-- ===== src/Trust/Marked.antt =====
-- trust.go: what the new map says, and what it keeps.
use runclaude.Prelude.{
  ◌≡◌, ap, ◌∙◌, ◌&&◌, ◌||◌, true, false, none, some, arith, if◌then◌else◌, Bool-cases, inl, inr,
}
use runclaude.Dict.{Dict, lookup, insert, lookup-insert}
use runclaude.Json.{Json, bool, object, as_map-object}
use runclaude.Text.{Bytes, codes, bytes_eq}
use runclaude.Text.Equality.{bytes_eq_iff, bytes_eq_refl}
use runclaude.Trust.{
  is_true, map_at, accepted_key, onboarded_key, is_trusted, trust_project, trust_root,
}

trust_project-trusted : (proj : Dict Json) → is_trusted (trust_project proj) ≡ true
unfolding is_trusted trust_project is_true bytes_eq
trust_project-trusted proj =
    rw (lookup-insert onboarded_key accepted_key (bool true) (insert accepted_key (bool true) proj))
      (rw (lookup-insert accepted_key accepted_key (bool true) proj) (
        rw (
          lookup-insert onboarded_key onboarded_key (bool true)
            (insert accepted_key (bool true) proj))))

map_at-insert :
    (k j : Bytes) (d m : Dict Json)
    → map_at j (insert k (object d) m) ≡ (if bytes_eq k j then d else map_at j m)
map_at-insert k j d m =
    rw (lookup-insert k j (object d) m)
      (elim (Bool-cases (bytes_eq k j)) [ inl e ↦ rw e (rw (as_map-object d)) | inr e ↦ rw e ])

-- the map of a project
abbrev pub project : Bytes → Dict Json → Dict Json
project j root = map_at j (map_at (codes "projects") root)

-- the map that is written
new_root : Bytes → Dict Json → Dict Json
new_root cwd root =
    insert (codes "projects")
      (object
        (insert cwd (object (trust_project (project cwd root))) (map_at (codes "projects") root)))
      root

project-new_root :
    (cwd j : Bytes) (root : Dict Json)
    → project j (new_root cwd root)
      ≡ (if bytes_eq cwd j then trust_project (project cwd root) else project j root)
unfolding new_root
project-new_root cwd j root =
    ap (map_at j) (
      map_at-insert (codes "projects") (codes "projects") _ root
      ∙ rw (bytes_eq_refl (codes "projects")))
    ∙ map_at-insert cwd j (trust_project (project cwd root)) (map_at (codes "projects") root)

trust_root-eq :
    (cwd : Bytes) (root : Dict Json) {out : Dict Json}
    → trust_root cwd root ≡ some out
    → out ≡ new_root cwd root
unfolding trust_root new_root
trust_root-eq cwd root h = ground arith

marked :
    (cwd : Bytes) (root proj : Dict Json)
    → project cwd root ≡ trust_project proj
    → trust_root cwd root ≡ none
unfolding trust_root
marked cwd root proj e = rw e (rw (trust_project-trusted proj))

-- a key of the project's map after the marks
lookup-trust_project :
    (field : Bytes) (proj : Dict Json)
    → lookup field (trust_project proj) ≡ (
        if bytes_eq accepted_key field || bytes_eq onboarded_key field
        then some (bool true)
        else lookup field proj)
unfolding trust_project
lookup-trust_project field proj = ground (
  arith,
  lookup-insert onboarded_key field (bool true) (insert accepted_key (bool true) proj),
  lookup-insert accepted_key field (bool true) proj,
)

-- Where `ensureProjectTrusted` writes a new map, a second call leaves it as it is; the project of the
-- directory has true under `hasTrustDialogAccepted` and `hasCompletedProjectOnboarding`, and what it
-- had under every other key; every other project has what it had, and so has the map under every key
-- but `projects`.
pub trust_root-marks :
    (cwd j field key : Bytes) (root : Dict Json) {out : Dict Json}
    → trust_root cwd root ≡ some out
    → bytes_eq (codes "projects") key ≡ false
    → (trust_root cwd out ≡ none)
      × (lookup field (project j out) ≡ (
          if bytes_eq cwd j
            && (bytes_eq (codes "hasTrustDialogAccepted") field
                || bytes_eq (codes "hasCompletedProjectOnboarding") field)
          then some (bool true)
          else lookup field (project j root)))
      × (lookup key out ≡ lookup key root)
trust_root-marks cwd j field key root h other = rw (trust_root-eq cwd root h) (
  again,
  elim (Bool-cases (bytes_eq cwd j)) [
    | inl e ↦
        rw (project-new_root cwd j root, e)
          (lookup-trust_project field (project cwd root)
            ∙ ap
                (λ i.
                  if bytes_eq accepted_key field || bytes_eq onboarded_key field
                  then some (bool true)
                  else lookup field (project i root))
                ((bytes_eq_iff cwd j).0 e))
    | inr e ↦ rw (project-new_root cwd j root, e)
  ],
  unfold new_root in (lookup-insert (codes "projects") key _ root ∙ rw other),
)
  where
    again : trust_root cwd (new_root cwd root) ≡ none
    again =
        marked cwd (new_root cwd root) (project cwd root)
          (project-new_root cwd cwd root ∙ rw (bytes_eq_refl cwd))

....

TASK INSTRUCTIONS: Repeat every record above exactly as it appears.

RESPONSE AREA:
-- ===== src/Trust/Marked.antt =====
-- trust.go: what the new map says, and what it keeps.
use runclaude.Prelude.{
  ◌≡◌, ap, ◌∙◌, ◌&&◌, ◌||◌, true, false, none, some, arith, if◌then◌else◌, Bool-cases, inl, inr,
}
use runclaude.Dict.{Dict, lookup, insert, lookup-insert}
use runclaude.Json.{Json, bool, object, as_map-object}
use runclaude.Text.{Bytes, codes, bytes_eq}
use runclaude.Text.Equality.{bytes_eq_iff, bytes_eq_refl}
use runclaude.Trust.{
  is_true, map_at, accepted_key, onboarded_key, is_trusted, trust_project, trust_root,
}

trust_project-trusted : (proj : Dict Json) → is_trusted (trust_project proj) ≡ true
unfolding is_trusted trust_project is_true bytes_eq
trust_project-trusted proj =
    rw (lookup-insert onboarded_key accepted_key (bool true) (insert accepted_key (bool true) proj))
      (rw (lookup-insert accepted_key accepted_key (bool true) proj) (
        rw (
          lookup-insert onboarded_key onboarded_key (bool true)
            (insert accepted_key (bool true) proj))))

map_at-insert :
    (k j : Bytes) (d m : Dict Json)
    → map_at j (insert k (object d) m) ≡ (if bytes_eq k j then d else map_at j m)
map_at-insert k j d m =
    rw (lookup-insert k j (object d) m)
      (elim (Bool-cases (bytes_eq k j)) [ inl e ↦ rw e (rw (as_map-object d)) | inr e ↦ rw e ])

-- the map of a project
abbrev pub project : Bytes → Dict Json → Dict Json
project j root = map_at j (map_at (codes "projects") root)

-- the map that is written
new_root : Bytes → Dict Json → Dict Json
new_root cwd root =
    insert (codes "projects")
      (object
        (insert cwd (object (trust_project (project cwd root))) (map_at (codes "projects") root)))
      root

project-new_root :
    (cwd j : Bytes) (root : Dict Json)
    → project j (new_root cwd root)
      ≡ (if bytes_eq cwd j then trust_project (project cwd root) else project j root)
unfolding new_root
project-new_root cwd j root =
    ap (map_at j) (
      map_at-insert (codes "projects") (codes "projects") _ root
      ∙ rw (bytes_eq_refl (codes "projects")))
    ∙ map_at-insert cwd j (trust_project (project cwd root)) (map_at (codes "projects") root)

trust_root-eq :
    (cwd : Bytes) (root : Dict Json) {out : Dict Json}
    → trust_root cwd root ≡ some out
    → out ≡ new_root cwd root
unfolding trust_root new_root
trust_root-eq cwd root h = ground arith

marked :
    (cwd : Bytes) (root proj : Dict Json)
    → project cwd root ≡ trust_project proj
    → trust_root cwd root ≡ none
unfolding trust_root
marked cwd root proj e = rw e (rw (trust_project-trusted proj))

-- a key of the project's map after the marks
lookup-trust_project :
    (field : Bytes) (proj : Dict Json)
    → lookup field (trust_project proj) ≡ (
        if bytes_eq accepted_key field || bytes_eq onboarded_key field
        then some (bool true)
        else lookup field proj)
unfolding trust_project
lookup-trust_project field proj = ground (
  arith,
  lookup-insert onboarded_key field (bool true) (insert accepted_key (bool true) proj),
  lookup-insert accepted_key field (bool true) proj,
)

-- Where `ensureProjectTrusted` writes a new map, a second call leaves it as it is; the project of the
-- directory has true under `hasTrustDialogAccepted` and `hasCompletedProjectOnboarding`, and what it
-- had under every other key; every other project has what it had, and so has the map under every key
-- but `projects`.
pub trust_root-marks :
    (cwd j field key : Bytes) (root : Dict Json) {out : Dict Json}
    → trust_root cwd root ≡ some out
    → bytes_eq (codes "projects") key ≡ false
    → (trust_root cwd out ≡ none)
      × (lookup field (project j out) ≡ (
          if bytes_eq cwd j
            && (bytes_eq (codes "hasTrustDialogAccepted") field
                || bytes_eq (codes "hasCompletedProjectOnboarding") field)
          then some (bool true)
          else lookup field (project j root)))
      × (lookup key out ≡ lookup key root)
trust_root-marks cwd j field key root h other = rw (trust_root-eq cwd root h) (
  again,
  elim (Bool-cases (bytes_eq cwd j)) [
    | inl e ↦
        rw (project-new_root cwd j root, e)
          (lookup-trust_project field (project cwd root)
            ∙ ap
                (λ i.
                  if bytes_eq accepted_key field || bytes_eq onboarded_key field
                  then some (bool true)
                  else lookup field (project i root))
                ((bytes_eq_iff cwd j).0 e))
    | inr e ↦ rw (project-new_root cwd j root, e)
  ],
  unfold new_root in (lookup-insert (codes "projects") key _ root ∙ rw other),
)
  where
    again : trust_root cwd (new_root cwd root) ≡ none
    again =
        marked cwd (new_root cwd root) (project cwd root)
          (project-new_root cwd cwd root ∙ rw (bytes_eq_refl cwd))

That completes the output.